▶ _Try it_
In the entries that follow, how many lines include the string "else"? The answer is the number only.

▶ _Dataset records_
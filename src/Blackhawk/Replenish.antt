-- ===== src/Blackhawk/Replenish.antt =====
-- When gift cards are ordered.
use kin_app_server.Common.{
  ℕ, ◌+◌, ◌≤◌, ◌≡◌, refl, Bool, true, false, Option, none, some, List, [], ◌∷◌, ltb, ◌==◌,
  if◌then◌else◌, arith, Bool-cases, Option-cases, inl, inr,
}
use kin_app_server.Common.Int.{ℤ, ltb_ℤ}
use kin_app_server.Common.Table.{count_rows, update_first}
use kin_app_server.Action.{Result, ok, err, after, call-cases}
use kin_app_server.Account.{get}
use kin_app_server.Shop.Goods.{create_good, Stock, list_inventory}
use kin_app_server.Blackhawk.{
  BlackhawkOffer, Vault, Api, has_card_id, create_bh_card, create_all, order_gift_cards, stock_of,
  order_missing, track_orders, max_unprocessed, replenish_bh_cards, add_cards, track_order,
  track_all, set_processed_orders, cards_from, list_unprocessed_orders, merchant_code_to_offer_id,
}

-- An offer that has fewer free goods than its threshold.
abbrev pub is_short : List Stock → BlackhawkOffer → Bool
is_short inventory o = elim (stock_of o.offer_id inventory) [
  | none ↦ false
  | some left ↦ ltb left o.minimum_threshold
]

abbrev pub count_started : Vault → ℕ
count_started s = count_rows (λ o. true) s.started

create_bh_card-started :
    (card order : ℕ) (o : BlackhawkOffer) (s : Vault)
    → (after (create_bh_card card order o) s).started ≡ s.started
unfolding create_bh_card
create_bh_card-started card order o s =
    elim (Bool-cases (count_rows (has_card_id card) s.cards == 0)) [
      | inl e ↦ ground (arith, e)
      | inr e ↦ ground (arith, e)
    ]

create_all-started :
    (order : ℕ) (o : BlackhawkOffer) (cs : List ℕ) (s : Vault)
    → (after (create_all order o cs) s).started ≡ s.started
unfolding create_all
create_all-started order o [] s = refl
create_all-started order o (c ∷ cs) s = elim (call-cases (create_bh_card c order o s)) [
  | inr (x, t, q) ↦ ground (arith, q, create_bh_card-started c order o s)
  | inl (b, t, q) ↦
      ground (arith, q, create_bh_card-started c order o s, create_all-started order o cs t)
]

order_gift_cards-started :
    (api : Api) (now : ℕ) (o : BlackhawkOffer) (s : Vault)
    → count_started (after (order_gift_cards api now o) s) ≤ count_started s + 1
unfolding order_gift_cards
order_gift_cards-started api now o s = elim (Option-cases s.creds.token) [
  | inl e ↦ ground (arith, e)
  | inr (k, e) ↦ elim (Option-cases (api.egift_start_order o.offer_id)) [
    | inl e' ↦ ground (arith, e, e')
    | inr (order, e') ↦ elim (Option-cases (cards_from api now order 0 o.batch_size)) [
      | inl f ↦ ground (arith, e, e', f)
      | inr (cs, f) ↦
          let s' : Vault = record s { started = order ∷ s.started } in
          let k = create_all-started order o cs s' in
          elim (call-cases (create_all order o cs s')) [
            | inl (x, t, q) ↦ ground (arith, e, e', f, q, k)
            | inr (x, t, q) ↦ ground (arith, e, e', f, q, k)
          ]
    ]
  ]
]

order_missing-started :
    (api : Api) (now : ℕ) (inventory : List Stock) (os : List BlackhawkOffer) (s : Vault)
    → count_started (after (order_missing api now inventory os) s)
      ≤ count_started s + count_rows (is_short inventory) os
unfolding order_missing
order_missing-started api now inventory [] s = omega arith
order_missing-started api now inventory (o ∷ os) s =
    elim (Option-cases (stock_of o.offer_id inventory)) [
      | inl e ↦ ground (arith, e)
      | inr (left, e) ↦ elim (Bool-cases (ltb left o.minimum_threshold)) [
        | inr l ↦ ground (arith, e, l, order_missing-started api now inventory os s)
        | inl l ↦
            let k = order_gift_cards-started api now o s in
            elim (call-cases (order_gift_cards api now o s)) [
              | inr (x, t, q) ↦ ground (arith, e, l, q, k)
              | inl (true, t, q) ↦
                  ground (arith, e, l, q, k, order_missing-started api now inventory os t)
              | inl (false, t, q) ↦ ground (arith, e, l, q, k)
            ]
      ]
    ]

set_processed-started :
    (ids : List ℕ) (s : Vault) → (set_processed_orders ids s).started ≡ s.started
unfolding set_processed_orders
set_processed-started [] s = refl
set_processed-started (c ∷ cs) s =
    set_processed-started cs (record s {
      cards = update_first (has_card_id c) (λ x. record x { processed = true }) s.cards;
    })

add_cards-started :
    (api : Api) (now order : ℕ) (ids : List ℕ) (s : Vault)
    → (after (add_cards api now order ids) s).started ≡ s.started
unfolding add_cards
add_cards-started api now order [] s = refl
add_cards-started api now order (c ∷ cs) s = elim (Option-cases (api.egift_get_card c)) [
  | inl e ↦ ground (arith, e, add_cards-started api now order cs s)
  | inr (info, e) ↦
      elim (call-cases (
        create_good (merchant_code_to_offer_id info.merchant_code s.bh_offers) "code" info.code
          (some info.id) now s.shop)) [
            | inr (x, d, q) ↦ ground (arith, e, q)
            | inl (x, d, q) ↦
                ground
                  (arith, e, q, add_cards-started api now info.order cs (record s { shop = d }))
          ]
]

track_order-started :
    (api : Api) (now : ℕ) (orders : List (ℕ × List ℕ)) (order : ℕ) (ids : List ℕ) (s : Vault)
    → (after (track_order api now orders order ids) s).started ≡ s.started
unfolding track_order
track_order-started api now orders order ids s =
    let k = add_cards-started api now order ids s in
    elim (call-cases (add_cards api now order ids s)) [
      | inr (x, t, q) ↦ ground (arith, q, k)
      | inl (key, t, q) ↦ elim (Option-cases (get key orders)) [
        | inl g ↦ ground (arith, q, g, k)
        | inr (cards, g) ↦ ground (arith, q, g, k, set_processed-started cards t)
      ]
    ]

track_all-started :
    (api : Api) (now : ℕ) (orders rest : List (ℕ × List ℕ)) (s : Vault)
    → (after (track_all api now orders rest) s).started ≡ s.started
unfolding track_all
track_all-started api now orders [] s = refl
track_all-started api now orders ((order, ids) ∷ rest) s =
    let k = track_order-started api now orders order ids s in
    elim (call-cases (track_order api now orders order ids s)) [
      | inr (x, t, q) ↦ ground (arith, q, k)
      | inl (n, t, q) ↦
          let r = track_all-started api now orders rest t in
          elim (call-cases (track_all api now orders rest t)) [
            | inl (m, t', q') ↦ ground (arith, q, q', k, r)
            | inr (x, t', q') ↦ ground (arith, q, q', k, r)
          ]
    ]

track_orders-started :
    (api : Api) (now : ℕ) (s : Vault) → (after (track_orders api now) s).started ≡ s.started
unfolding track_orders
track_orders-started api now s = elim (Option-cases s.creds.token) [
  | inl e ↦ ground (arith, e)
  | inr (token, e) ↦
      let orders = list_unprocessed_orders [] s.cards in
      let k = track_all-started api now orders orders s in
      elim (call-cases (track_all api now orders orders s)) [
        | inl (n, t, q) ↦ ground (arith, e, q, k)
        | inr (x, t, q) ↦ ground (arith, e, q, k)
      ]
]

-- How many orders a run may start after the tracking, which ends with `r` in the state `t`.
abbrev pub allowed : Api → ℤ → Result (Option ℕ) → Vault → ℕ
allowed api critical (err e) t = 0
allowed api critical (ok none) t = 0
allowed api critical (ok (some n)) t =
    if ltb max_unprocessed n then 0 else elim api.account_balance [
      | none ↦ 0
      | some none ↦ 0
      | some (some balance) ↦
          if ltb_ℤ balance critical
          then 0
          else count_rows (is_short (list_inventory t.shop)) t.bh_offers
    ]

-- A run that does not refresh the token starts no order at Blackhawk where the tracking of the
-- orders fails, where it leaves more than ten orders unprocessed, and where the balance is not had
-- or is below the critical one; and otherwise at most one for each offer that has fewer free goods
-- than its threshold after the tracking.
pub replenish_bh_cards-started :
    (api : Api) (now : ℕ) (critical : ℤ) (s t : Vault) (r : Result (Option ℕ))
    → track_orders api now s ≡ (r, t)
    → count_started (after (replenish_bh_cards api now critical false) s)
      ≤ count_started s + allowed api critical r t
unfolding replenish_bh_cards
replenish_bh_cards-started api now critical s t (err e) h =
    ground (arith, h, track_orders-started api now s)
replenish_bh_cards-started api now critical s t (ok none) h =
    ground (arith, h, track_orders-started api now s)
replenish_bh_cards-started api now critical s t (ok (some n)) h =
    let k = track_orders-started api now s in
    elim (Option-cases api.account_balance) [
      | inl b ↦ ground (arith, h, b, k)
      | inr (none, b) ↦ ground (arith, h, b, k)
      | inr (some balance, b) ↦
          ground
            (arith, h, b, k, order_missing-started api now (list_inventory t.shop) t.bh_offers t)
    ]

▶ _Response to the exercise_
3